Given data Block Start
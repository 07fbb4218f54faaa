-- ===== src/Logger/Entries.antt =====
-- A call of `log` in server/src/utils/logger/logger.cpp writes its line to the file of the day.
use redis_like.Logger.{
  code_of, LogLevel, debug, info, warning, error, fatal, Files, Logger, Clock, should_log,
  level_to_string, get_file_name, append_file, log_entry, write_entry, ensure_file_open, log,
}
use redis_like.Store.Contents.{eq_of_same_bytes, same_bytes_refl}
use redis_like.Store.Objects.{Bytes, same_bytes}
use redis_like.Prelude.{
  leb, ap, subst, if◌then◌else◌, Bool, true, false, ◌&&◌, none, some, List, [], ◌∷◌, ◌++◌,
  append-nil, append_assoc, ◌≡◌, ◌≢◌, refl, sym, ◌∙◌, inl, inr, bytes, Bool-cases,
}

-- A call of `log`, with the clocks that it reads and what an attempt to open the file comes to.
pub record Call : Type 0 where
  pub level : LogLevel
  pub message : Bytes
  pub opened : Clock
  pub opens : Bool
  pub now : Clock

-- The levels from the lowest one of the configuration on.
abbrev pub at_least : LogLevel → LogLevel → Bool
at_least debug level = true
at_least info debug = false
at_least info info = true
at_least info warning = true
at_least info error = true
at_least info fatal = true
at_least warning debug = false
at_least warning info = false
at_least warning warning = true
at_least warning error = true
at_least warning fatal = true
at_least error debug = false
at_least error info = false
at_least error warning = false
at_least error error = true
at_least error fatal = true
at_least fatal debug = false
at_least fatal info = false
at_least fatal warning = false
at_least fatal error = false
at_least fatal fatal = true

abbrev pub label : LogLevel → Bytes
label debug = bytes "] [DEBUG]: "
label info = bytes "] [INFO]: "
label warning = bytes "] [WARNING]: "
label error = bytes "] [ERROR]: "
label fatal = bytes "] [FATAL]: "

-- The line of a call: `[time] [LEVEL]: message`.
abbrev pub line : Call → Bytes
line call = 91 ∷ call.now.timestamp ++ label call.level ++ call.message ++ (10 ∷ [])

-- The lines of the calls whose level is high enough, in order.
abbrev pub lines : LogLevel → List Call → Bytes
lines lowest [] = []
lines lowest (call ∷ calls) =
    (if at_least lowest call.level then line call else []) ++ lines lowest calls

-- The calls, in order.
abbrev pub log_all : Logger → List Call → Logger
log_all l [] = l
log_all l (call ∷ calls) =
    log_all (log l call.level call.message call.opened call.opens call.now) calls

-- The name of the file of a day.
abbrev pub IsOf : Bytes → Call → Type 0
IsOf day call = bytes "../src/utils/log/" ++ call.opened.date ≡ day

should_log-at_least :
    (l : Logger) (level : LogLevel) → should_log l level ≡ at_least l.config.level level
unfolding should_log
should_log-at_least l level = by_table l.config.level level
  where
    by_table :
        (lowest level : LogLevel) → leb (code_of lowest) (code_of level) ≡ at_least lowest level
    by_table debug debug = refl
    by_table debug info = refl
    by_table debug warning = refl
    by_table debug error = refl
    by_table debug fatal = refl
    by_table info debug = refl
    by_table info info = refl
    by_table info warning = refl
    by_table info error = refl
    by_table info fatal = refl
    by_table warning debug = refl
    by_table warning info = refl
    by_table warning warning = refl
    by_table warning error = refl
    by_table warning fatal = refl
    by_table error debug = refl
    by_table error info = refl
    by_table error warning = refl
    by_table error error = refl
    by_table error fatal = refl
    by_table fatal debug = refl
    by_table fatal info = refl
    by_table fatal warning = refl
    by_table fatal error = refl
    by_table fatal fatal = refl

label-level_to_string :
    (level : LogLevel) → label level ≡ bytes "] [" ++ level_to_string level ++ bytes "]: "
unfolding level_to_string bytes
label-level_to_string debug = refl
label-level_to_string info = refl
label-level_to_string warning = refl
label-level_to_string error = refl
label-level_to_string fatal = refl

log_entry-line : (call : Call) → log_entry call.now call.level call.message ≡ line call
unfolding log_entry bytes
log_entry-line call = rw (label-level_to_string call.level) (simp append_assoc)

append_file-append :
    (files : Files) (name entry other : Bytes)
    → append_file files name entry other
      ≡ files other ++ (if same_bytes name other then entry else [])
unfolding append_file
append_file-append files name entry other = elim (Bool-cases (same_bytes name other)) [
  | inl same ↦ rw (append_file, same) refl
  | inr apart ↦ rw (append_file, apart) (sym (append-nil (files other)))
]

pub if_empty : (b : Bool) → if◌then◌else◌ {A = Bytes} b [] [] ≡ []
if_empty true = refl
if_empty false = refl

-- It is this day for the logger, and whether the file of the day opened.
abbrev pub IsDay : Logger → Bytes → Bool → Type 0
IsDay l day is_open = (l.current_filename ≡ day) × (l.out ≡ (if is_open then some day else none))

-- What is added to a file where `added` goes to the file of the day.
abbrev pub gain : Bytes → Bool → Bytes → Bytes → Bytes
gain day is_open name added = if is_open && same_bytes day name then added else []

pub gain-append :
    (day : Bytes) (is_open : Bool) (name a b : Bytes)
    → gain day is_open name a ++ gain day is_open name b ≡ gain day is_open name (a ++ b)
gain-append day is_open name a b = elim (Bool-cases (is_open && same_bytes day name)) [
  | inl to_it ↦ rw to_it refl
  | inr away ↦ rw away refl
]

-- What a call leaves of a logger.
abbrev pub Adds : Logger → Bytes → Bool → Bytes → Bytes → Logger → Type 0
Adds l day is_open name added r =
    IsDay r day is_open
    × (r.config ≡ l.config)
    × (r.files name ≡ l.files name ++ gain day is_open name added)

write_entry-Adds :
    (l : Logger) (entry day : Bytes) (is_open : Bool) (name : Bytes)
    → IsDay l day is_open
    → Adds l day is_open name entry (write_entry l entry)
unfolding write_entry
write_entry-Adds l entry day true name (current, out) =
    rw (write_entry, out) ((current, out), refl, append_file-append l.files day entry name)
write_entry-Adds l entry day false name (current, out) =
    rw (write_entry, out) ((current, out), refl, sym (append-nil (l.files name)))

-- Neither the files nor the configuration change when a file is opened.
ensure_file_open-same :
    (l : Logger) (clock : Clock) (opens : Bool)
    → ((ensure_file_open l clock opens).files ≡ l.files)
      × ((ensure_file_open l clock opens).config ≡ l.config)
unfolding ensure_file_open
ensure_file_open-same l clock opens =
    elim (Bool-cases (same_bytes (get_file_name clock) l.current_filename)) [
      | inl same ↦ rw (ensure_file_open, same) (refl, refl)
      | inr new ↦ rw (ensure_file_open, new) (refl, refl)
    ]

-- On a new day the file is tried.
pub ensure_file_open_new :
    (l : Logger) (clock : Clock) (opens : Bool)
    → get_file_name clock ≢ l.current_filename
    → IsDay (ensure_file_open l clock opens) (get_file_name clock) opens
unfolding ensure_file_open
ensure_file_open_new l clock opens ne =
    elim (Bool-cases (same_bytes (get_file_name clock) l.current_filename)) [
      | inl same ↦ absurd (ne (eq_of_same_bytes (get_file_name clock) l.current_filename same))
      | inr new ↦ rw (ensure_file_open, new) (refl, refl)
    ]

-- On the same day it is not tried again, whether or not it is open.
pub ensure_file_open_again :
    (l : Logger) (clock : Clock) (opens : Bool)
    → get_file_name clock ≡ l.current_filename
    → ensure_file_open l clock opens ≡ l
unfolding ensure_file_open
ensure_file_open_again l clock opens e =
    let same : same_bytes (get_file_name clock) l.current_filename ≡ true =
      ap (λ n. same_bytes n l.current_filename) e ∙ same_bytes_refl l.current_filename in
    rw (ensure_file_open, same) refl

-- A call whose level is high enough, once the file of its day was tried.
pub log-Adds :
    (l : Logger) (call : Call) (day : Bytes) (is_open : Bool) (name : Bytes)
    → at_least l.config.level call.level ≡ true
    → IsDay (ensure_file_open l call.opened call.opens) day is_open
    → Adds l day is_open name
        (line call)
        (log l call.level call.message call.opened call.opens call.now)
unfolding log
log-Adds l call day is_open name high today =
    let logs = should_log-at_least l call.level ∙ high in
    let l' = ensure_file_open l call.opened call.opens in
    let step =
      ap (λ b. if b then write_entry l' (log_entry call.now call.level call.message) else l) logs
      ∙ ap (write_entry l') (log_entry-line call) in
    let (files, config) = ensure_file_open-same l call.opened call.opens in
    let (today', config', files') = write_entry-Adds l' (line call) day is_open name today in
    subst (Adds l day is_open name (line call)) (sym step) (
      today',
      config' ∙ config,
      files' ∙ ap (λ f. f name ++ gain day is_open name (line call)) files,
    )

-- A call whose level is too low.
pub log_low :
    (l : Logger) (call : Call)
    → at_least l.config.level call.level ≡ false
    → log l call.level call.message call.opened call.opens call.now ≡ l
unfolding log
log_low l call low =
    let quiet = should_log-at_least l call.level ∙ low in
    ap
      (λ b.
        if b
        then write_entry (ensure_file_open l call.opened call.opens)
            (log_entry call.now call.level call.message)
        else l)
      quiet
Given data Block End
What to do:
Find every line in the records that holds the word "step", then state the count alone.

Exercise output:
2